▶ _SOURCE MATERIAL_:
******************************
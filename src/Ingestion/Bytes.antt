-- ===== src/Ingestion/Bytes.antt =====
-- What backend/app/ingestion uses of `bytes`, a list of numbers below 256.
use production_rag_system.Prelude.{
  ℕ, suc, ◌+◌, Bool, true, false, ◌&&◌, ◌||◌, List, [], ◌∷◌, Option, none, some, leb, ◌==◌,
  if◌then◌else◌,
}

-- `raw.startswith(prefix)`
abbrev pub starts_with : List ℕ → List ℕ → Bool
starts_with [] raw = true
starts_with (p ∷ ps) [] = false
starts_with (p ∷ ps) (b ∷ bs) = p == b && starts_with ps bs

abbrev pub after_one : Option ℕ → Option ℕ
after_one none = none
after_one (some n) = some (suc n)

-- `raw.find(needle)` of a needle that is not empty: where it occurs first.
abbrev pub find_bytes : List ℕ → List ℕ → Option ℕ
find_bytes needle [] = none
find_bytes needle (b ∷ bs) =
    let later = after_one (find_bytes needle bs) in
    if starts_with needle (b ∷ bs) then some 0 else later

-- `needle in raw`
abbrev pub contains_bytes : List ℕ → List ℕ → Bool
contains_bytes needle raw = elim (find_bytes needle raw) [ none ↦ false | some n ↦ true ]

abbrev pub lstrip_bytes : List ℕ → List ℕ
lstrip_bytes [] = []
lstrip_bytes (b ∷ bs) =
    let rest = lstrip_bytes bs in if (leb 9 b && leb b 13) || b == 32 then rest else b ∷ bs

abbrev pub lower_bytes : List ℕ → List ℕ
lower_bytes [] = []
lower_bytes (b ∷ bs) = (if leb 65 b && leb b 90 then b + 32 else b) ∷ lower_bytes bs

-- `%PDF`, the header of a ZIP archive, that of an OLE2 file, `<html` and `<!doctype html`.
abbrev pub pdf_magic : List ℕ
pdf_magic = 37 ∷ 80 ∷ 68 ∷ 70 ∷ []

abbrev pub zip_magic : List ℕ
zip_magic = 80 ∷ 75 ∷ 3 ∷ 4 ∷ []

abbrev pub ole2_magic : List ℕ
ole2_magic = 208 ∷ 207 ∷ 17 ∷ 224 ∷ 161 ∷ 177 ∷ 26 ∷ 225 ∷ []

abbrev pub html_tag : List ℕ
html_tag = 60 ∷ 104 ∷ 116 ∷ 109 ∷ 108 ∷ []

abbrev pub doctype_html : List ℕ
doctype_html = 60 ∷ 33 ∷ 100 ∷ 111 ∷ 99 ∷ 116 ∷ 121 ∷ 112 ∷ 101 ∷ 32 ∷ 104 ∷ 116 ∷ 109 ∷ 108 ∷ []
******************************
▶ _YOUR TASK_: The lines above from the one with "abbrev pub lstrip_bytes : List ℕ → List ℕ" through the one with "abbrev pub zip_magic : List ℕ" are to be duplicated exactly, ends included, with nothing added.

▶ _ANSWER SPACE_:
abbrev pub lstrip_bytes : List ℕ → List ℕ
lstrip_bytes [] = []
lstrip_bytes (b ∷ bs) =
    let rest = lstrip_bytes bs in if (leb 9 b && leb b 13) || b == 32 then rest else b ∷ bs

abbrev pub lower_bytes : List ℕ → List ℕ
lower_bytes [] = []
lower_bytes (b ∷ bs) = (if leb 65 b && leb b 90 then b + 32 else b) ∷ lower_bytes bs

-- `%PDF`, the header of a ZIP archive, that of an OLE2 file, `<html` and `<!doctype html`.
abbrev pub pdf_magic : List ℕ
pdf_magic = 37 ∷ 80 ∷ 68 ∷ 70 ∷ []

abbrev pub zip_magic : List ℕ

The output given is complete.